Beyond ending fossil fuel subsidies, the report calls for a tax on windfall profits on above-average profits in the oil and gas sector. 

In February 2024, the House of Commons’s finance committee recommended a windfall tax on companies that have made oversized profits by taking advantage of crises. The committee pointed to profits made by grocery chains and oil and gas companies following the COVID-19 pandemic and Russia’s full-scale invasion of Ukraine.

Since then, a poll carried out by Leger found 62 per cent of Canadians would back such a tax.

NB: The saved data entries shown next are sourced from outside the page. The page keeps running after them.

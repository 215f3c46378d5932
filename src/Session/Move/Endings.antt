-- ===== src/Session/Move/Endings.antt =====
-- internal/session: the sections that end a turn leave the slot alone, or free it.
use tatara_claude_code_wrapp.Common.{
  ◌≡◌, none, String, Time, arith, is_empty, str_eq, eq_iff, Bool-cases, Option-cases, inl, inr,
  ◌+++◌,
}
use tatara_claude_code_wrapp.Session.State.{Manager, HookResult}
use tatara_claude_code_wrapp.Session.Slot.{fail_turn, fail_submit_write}
use tatara_claude_code_wrapp.Session.Hook.{complete, finish, take_report, reject}
use tatara_claude_code_wrapp.Session.Control.{Reads, complete_after_interrupt, read_or}
use tatara_claude_code_wrapp.Session.Resume.{complete_from}
use tatara_claude_code_wrapp.Session.Move.{SameSlot, Move, quiet, touched, begins, ends}
use tatara_claude_code_wrapp.Turn.Store
use tatara_claude_code_wrapp.Turn.Laws.{status}
use mathlib.Core.Path.{subst, subst₂}
use tatara_claude_code_wrapp.Turn.Closing.{completes, fails, is_interrupted, close}

pub fail_turn-Move :
    (id reason : String) (now : Time) (m : Manager) → Move m (fail_turn id reason now m)
unfolding fail_turn close
fail_turn-Move id reason now m = elim (Bool-cases (str_eq m.current id)) [
  | inr other ↦ quiet (ground arith) (ground arith)
  | inl same ↦ elim (Option-cases (Store.fail id reason now m.store).1) [
    | inr (e, failed) ↦ quiet (ground arith) (ground arith)
    | inl stored ↦
        let here : m.current ≡ id = (eq_iff m.current id).0 same in
        ends (fails reason now) (rw here stored) (ground (arith, here)) (ground (arith, here))
  ]
]

pub fail_submit_write-Move :
    (id stage werr : String) (now : Time) (m : Manager)
    → Move m (fail_submit_write id stage werr now m)
unfolding fail_submit_write close
fail_submit_write-Move id stage werr now m = elim (Bool-cases (str_eq m.current id)) [
  | inr other ↦ quiet (ground arith) (ground arith)
  | inl same ↦
      let msg = stage +++ ": " +++ werr in
      elim (Option-cases (Store.fail id msg now m.store).1) [
        | inr (e, failed) ↦ quiet (ground arith) (ground arith)
        | inl stored ↦
            let here : m.current ≡ id = (eq_iff m.current id).0 same in
            ends (fails msg now) (rw here stored) (ground (arith, here)) (ground (arith, here))
      ]
]

pub complete_after_interrupt-Move :
    (reads : Reads) (id path : String) (now : Time) (m : Manager)
    → Move m (complete_after_interrupt reads id path now m)
unfolding complete_after_interrupt close
complete_after_interrupt-Move reads id path now m =
    let answer = read_or ("", "", "") (reads.last_assistant path) in
    elim (Bool-cases (str_eq m.current id)) [
      | inr other ↦ quiet (ground arith) (ground arith)
      | inl same ↦ elim (Option-cases (Store.interrupt id answer.0 answer.1 now m.store).1) [
        | inr (e, failed) ↦ quiet (ground arith) (ground arith)
        | inl stored ↦
            let here : m.current ≡ id = (eq_iff m.current id).0 same in
            ends (is_interrupted answer.0 answer.1 now) (rw here stored) (ground (arith, here))
              (ground (arith, here))
      ]
    ]

pub complete_from-Move :
    (reads : Reads) (id path final_text usage stop : String) (now : Time) (m : Manager)
    → Move m (complete_from reads id path final_text usage stop now m)
unfolding complete_from close
complete_from-Move reads id path final_text usage stop now m =
    elim (Bool-cases (str_eq m.current id)) [
      | inr other ↦ quiet (ground arith) (ground arith)
      | inl same ↦ elim (Option-cases (Store.complete id final_text "" usage stop now m.store).1) [
        | inr (e, failed) ↦ quiet (ground arith) (ground arith)
        | inl stored ↦
            let here : m.current ≡ id = (eq_iff m.current id).0 same in
            ends (completes final_text "" usage stop now) (rw here stored) (ground (arith, here))
              (ground (arith, here))
      ]
    ]

take_report-SameSlot : (r : HookResult) (m : Manager) → SameSlot m (take_report r m)
unfolding take_report
take_report-SameSlot r m = ground arith

store-take_report : (r : HookResult) (m : Manager) → (take_report r m).store ≡ m.store
unfolding take_report
store-take_report r m = ground arith

finish-Move : (r : HookResult) (now : Time) (m : Manager) → Move m (finish r now m).0
unfolding finish close
finish-Move r now m =
    elim (Option-cases
      (Store.complete m.current r.final_text r.result_json r.usage r.stop_reason now m.store).1) [
        | inr (e, failed) ↦ quiet (ground arith) (ground arith)
        | inl stored ↦
            ends (completes r.final_text r.result_json r.usage r.stop_reason now) stored
              (ground arith) (ground arith)
      ]

-- The slot before `m` is that of `m`.
Move-from : {m m' n : Manager} → SameSlot m m' → m'.store ≡ m.store → Move m' n → Move m n
Move-from s e (quiet t f) = quiet (ground arith) (ground arith)
Move-from s e (touched now t f) = touched now (ground arith) (ground (arith, e, s.current))
Move-from s e (begins id text u now h free b f) =
    begins id text u now h (subst (λ x. status id x ≡ none) e free) (ground arith) (cc (e, f))
Move-from s e (ends o stored b f) =
    ends o (subst₂ (λ c x. (close o c x).1 ≡ none) s.current e stored) (ground arith)
      (ground (arith, e, s.current))

pub complete-Move : (r : HookResult) (now : Time) (m : Manager) → Move m (complete r now m).0
unfolding complete
complete-Move r now m = elim (Bool-cases (is_empty m.current)) [
  | inl idle ↦ quiet (ground arith) (ground arith)
  | inr held ↦ elim (Option-cases (reject r m)) [
    | inr (e, refused) ↦ quiet (ground arith) (ground arith)
    | inl taken ↦
        let same : (complete r now m).0 ≡ (finish r now (take_report r m)).0 =
          rw (held, complete) (rw (taken, complete)) in
        rw same (
          Move-from (take_report-SameSlot r m) (store-take_report r m)
            (finish-Move r now (take_report r m)))
  ]
]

Subsidies to fossil fuel companies are set to increase in 2024, according to the Environmental Defence report. It pointed to two Parliamentary Budget Office analyses that estimated the new carbon capture investment tax credit and hydrogen investment tax credit will together provide more than $11 billion to industry by 2028.

“It’s the government's responsibility to make sure it’s using our taxpayer dollars to improve our lives. So that means both addressing the climate crisis, but it also means investing in things that make our lives better,” said Levin. 

“It means more money in our pocket books because those renewable are cheaper than fossil fuels.”